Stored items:
'''

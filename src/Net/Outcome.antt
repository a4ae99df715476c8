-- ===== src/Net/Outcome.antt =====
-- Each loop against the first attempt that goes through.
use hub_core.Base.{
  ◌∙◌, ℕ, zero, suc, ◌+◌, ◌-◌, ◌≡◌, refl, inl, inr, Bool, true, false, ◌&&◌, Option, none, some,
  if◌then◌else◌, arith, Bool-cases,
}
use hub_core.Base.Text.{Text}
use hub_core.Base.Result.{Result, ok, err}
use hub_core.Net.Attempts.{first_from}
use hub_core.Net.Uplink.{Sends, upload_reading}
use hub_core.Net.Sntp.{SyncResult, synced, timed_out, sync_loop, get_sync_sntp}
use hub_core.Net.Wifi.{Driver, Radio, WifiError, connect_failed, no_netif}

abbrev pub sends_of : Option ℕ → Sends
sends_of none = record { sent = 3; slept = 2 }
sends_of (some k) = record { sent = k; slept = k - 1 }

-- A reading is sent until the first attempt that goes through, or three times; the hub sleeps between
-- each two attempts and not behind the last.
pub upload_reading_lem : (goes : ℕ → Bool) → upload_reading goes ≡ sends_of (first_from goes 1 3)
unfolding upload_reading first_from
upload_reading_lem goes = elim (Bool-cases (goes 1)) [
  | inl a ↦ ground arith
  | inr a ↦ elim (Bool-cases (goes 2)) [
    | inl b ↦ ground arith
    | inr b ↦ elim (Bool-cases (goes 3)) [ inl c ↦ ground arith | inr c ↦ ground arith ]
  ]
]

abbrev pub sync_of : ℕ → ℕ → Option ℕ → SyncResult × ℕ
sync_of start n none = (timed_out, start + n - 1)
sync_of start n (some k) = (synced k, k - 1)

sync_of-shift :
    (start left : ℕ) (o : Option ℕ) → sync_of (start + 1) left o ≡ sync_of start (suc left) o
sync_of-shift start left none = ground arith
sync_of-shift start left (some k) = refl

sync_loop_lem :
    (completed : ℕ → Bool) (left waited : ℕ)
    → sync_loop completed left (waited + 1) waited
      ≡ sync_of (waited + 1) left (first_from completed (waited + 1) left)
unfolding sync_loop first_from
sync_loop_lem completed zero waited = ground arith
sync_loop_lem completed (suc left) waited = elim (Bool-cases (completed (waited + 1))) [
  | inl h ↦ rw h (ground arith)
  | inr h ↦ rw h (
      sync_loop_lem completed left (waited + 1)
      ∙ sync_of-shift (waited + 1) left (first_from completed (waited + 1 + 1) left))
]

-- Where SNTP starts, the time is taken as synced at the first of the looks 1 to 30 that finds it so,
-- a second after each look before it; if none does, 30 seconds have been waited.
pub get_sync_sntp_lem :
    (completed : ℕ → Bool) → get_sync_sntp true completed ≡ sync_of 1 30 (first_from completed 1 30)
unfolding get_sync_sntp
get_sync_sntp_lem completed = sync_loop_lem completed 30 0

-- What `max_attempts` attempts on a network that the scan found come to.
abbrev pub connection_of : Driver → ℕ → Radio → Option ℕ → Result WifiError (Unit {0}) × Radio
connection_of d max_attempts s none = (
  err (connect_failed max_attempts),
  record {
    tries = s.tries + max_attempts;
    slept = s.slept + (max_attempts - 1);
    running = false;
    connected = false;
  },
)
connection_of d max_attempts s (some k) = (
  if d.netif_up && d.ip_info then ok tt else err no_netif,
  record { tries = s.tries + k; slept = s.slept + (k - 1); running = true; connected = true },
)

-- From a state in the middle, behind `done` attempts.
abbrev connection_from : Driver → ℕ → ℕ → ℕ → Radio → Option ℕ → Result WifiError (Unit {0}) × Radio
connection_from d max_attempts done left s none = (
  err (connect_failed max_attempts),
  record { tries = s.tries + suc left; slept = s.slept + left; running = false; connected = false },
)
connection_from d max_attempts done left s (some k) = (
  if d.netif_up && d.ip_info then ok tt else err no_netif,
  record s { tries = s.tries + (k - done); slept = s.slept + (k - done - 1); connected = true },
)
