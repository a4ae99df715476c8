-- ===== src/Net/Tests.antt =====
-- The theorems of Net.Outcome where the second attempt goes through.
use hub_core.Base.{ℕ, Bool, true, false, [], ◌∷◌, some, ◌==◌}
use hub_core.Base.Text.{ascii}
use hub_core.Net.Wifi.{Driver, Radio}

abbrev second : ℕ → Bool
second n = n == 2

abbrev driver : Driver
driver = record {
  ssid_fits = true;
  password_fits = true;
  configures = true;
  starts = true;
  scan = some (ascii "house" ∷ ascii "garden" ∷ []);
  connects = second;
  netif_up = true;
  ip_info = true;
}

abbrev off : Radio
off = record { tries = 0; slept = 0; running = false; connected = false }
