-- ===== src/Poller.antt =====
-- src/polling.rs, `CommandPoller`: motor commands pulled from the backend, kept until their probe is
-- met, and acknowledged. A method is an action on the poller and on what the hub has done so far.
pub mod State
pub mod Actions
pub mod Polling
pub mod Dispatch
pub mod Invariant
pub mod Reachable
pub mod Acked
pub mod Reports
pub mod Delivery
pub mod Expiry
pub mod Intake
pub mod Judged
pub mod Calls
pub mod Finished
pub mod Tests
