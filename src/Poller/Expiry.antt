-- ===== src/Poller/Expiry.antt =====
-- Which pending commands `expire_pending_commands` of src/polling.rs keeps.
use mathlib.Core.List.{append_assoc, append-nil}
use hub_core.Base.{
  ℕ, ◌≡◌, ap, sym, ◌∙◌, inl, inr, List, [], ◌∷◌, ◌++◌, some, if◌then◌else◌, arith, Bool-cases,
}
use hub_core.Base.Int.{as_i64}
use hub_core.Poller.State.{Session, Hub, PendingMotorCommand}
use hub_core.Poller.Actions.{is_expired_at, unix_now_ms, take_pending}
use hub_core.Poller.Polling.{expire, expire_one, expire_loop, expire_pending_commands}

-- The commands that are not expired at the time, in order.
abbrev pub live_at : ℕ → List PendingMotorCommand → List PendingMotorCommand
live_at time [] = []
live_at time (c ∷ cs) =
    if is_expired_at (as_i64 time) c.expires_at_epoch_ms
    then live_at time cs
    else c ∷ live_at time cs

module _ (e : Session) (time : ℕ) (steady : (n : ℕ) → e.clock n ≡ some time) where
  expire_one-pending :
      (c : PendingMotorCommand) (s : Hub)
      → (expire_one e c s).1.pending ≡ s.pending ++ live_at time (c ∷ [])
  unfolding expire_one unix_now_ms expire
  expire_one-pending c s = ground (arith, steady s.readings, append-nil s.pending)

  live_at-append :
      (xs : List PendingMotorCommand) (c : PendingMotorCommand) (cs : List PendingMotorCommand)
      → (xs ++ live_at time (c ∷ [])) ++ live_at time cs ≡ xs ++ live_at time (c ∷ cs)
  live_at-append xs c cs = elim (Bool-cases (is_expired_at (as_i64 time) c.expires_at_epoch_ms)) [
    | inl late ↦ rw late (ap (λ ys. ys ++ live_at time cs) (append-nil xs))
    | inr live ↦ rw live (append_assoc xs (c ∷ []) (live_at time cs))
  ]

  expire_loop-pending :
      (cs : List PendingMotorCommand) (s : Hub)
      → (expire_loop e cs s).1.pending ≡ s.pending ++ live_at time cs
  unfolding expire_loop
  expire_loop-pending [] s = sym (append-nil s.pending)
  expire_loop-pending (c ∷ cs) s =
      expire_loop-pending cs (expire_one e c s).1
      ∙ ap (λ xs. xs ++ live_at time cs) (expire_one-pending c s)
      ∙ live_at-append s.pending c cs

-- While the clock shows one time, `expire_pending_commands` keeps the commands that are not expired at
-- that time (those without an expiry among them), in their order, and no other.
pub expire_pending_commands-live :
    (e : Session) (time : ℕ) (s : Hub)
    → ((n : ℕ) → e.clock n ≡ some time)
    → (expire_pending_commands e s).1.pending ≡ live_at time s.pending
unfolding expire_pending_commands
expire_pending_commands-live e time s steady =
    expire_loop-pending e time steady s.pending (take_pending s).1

'''

● **What you have to do**
Proceeding from the line containing "abbrev pub live_at" through the line containing "unfolding expire_one unix_now_ms expire", transcribe the lines above exactly, both end lines included.

● **Exercise response**
abbrev pub live_at : ℕ → List PendingMotorCommand → List PendingMotorCommand
live_at time [] = []
live_at time (c ∷ cs) =
    if is_expired_at (as_i64 time) c.expires_at_epoch_ms
    then live_at time cs
    else c ∷ live_at time cs

module _ (e : Session) (time : ℕ) (steady : (n : ℕ) → e.clock n ≡ some time) where
  expire_one-pending :
      (c : PendingMotorCommand) (s : Hub)
      → (expire_one e c s).1.pending ≡ s.pending ++ live_at time (c ∷ [])
  unfolding expire_one unix_now_ms expire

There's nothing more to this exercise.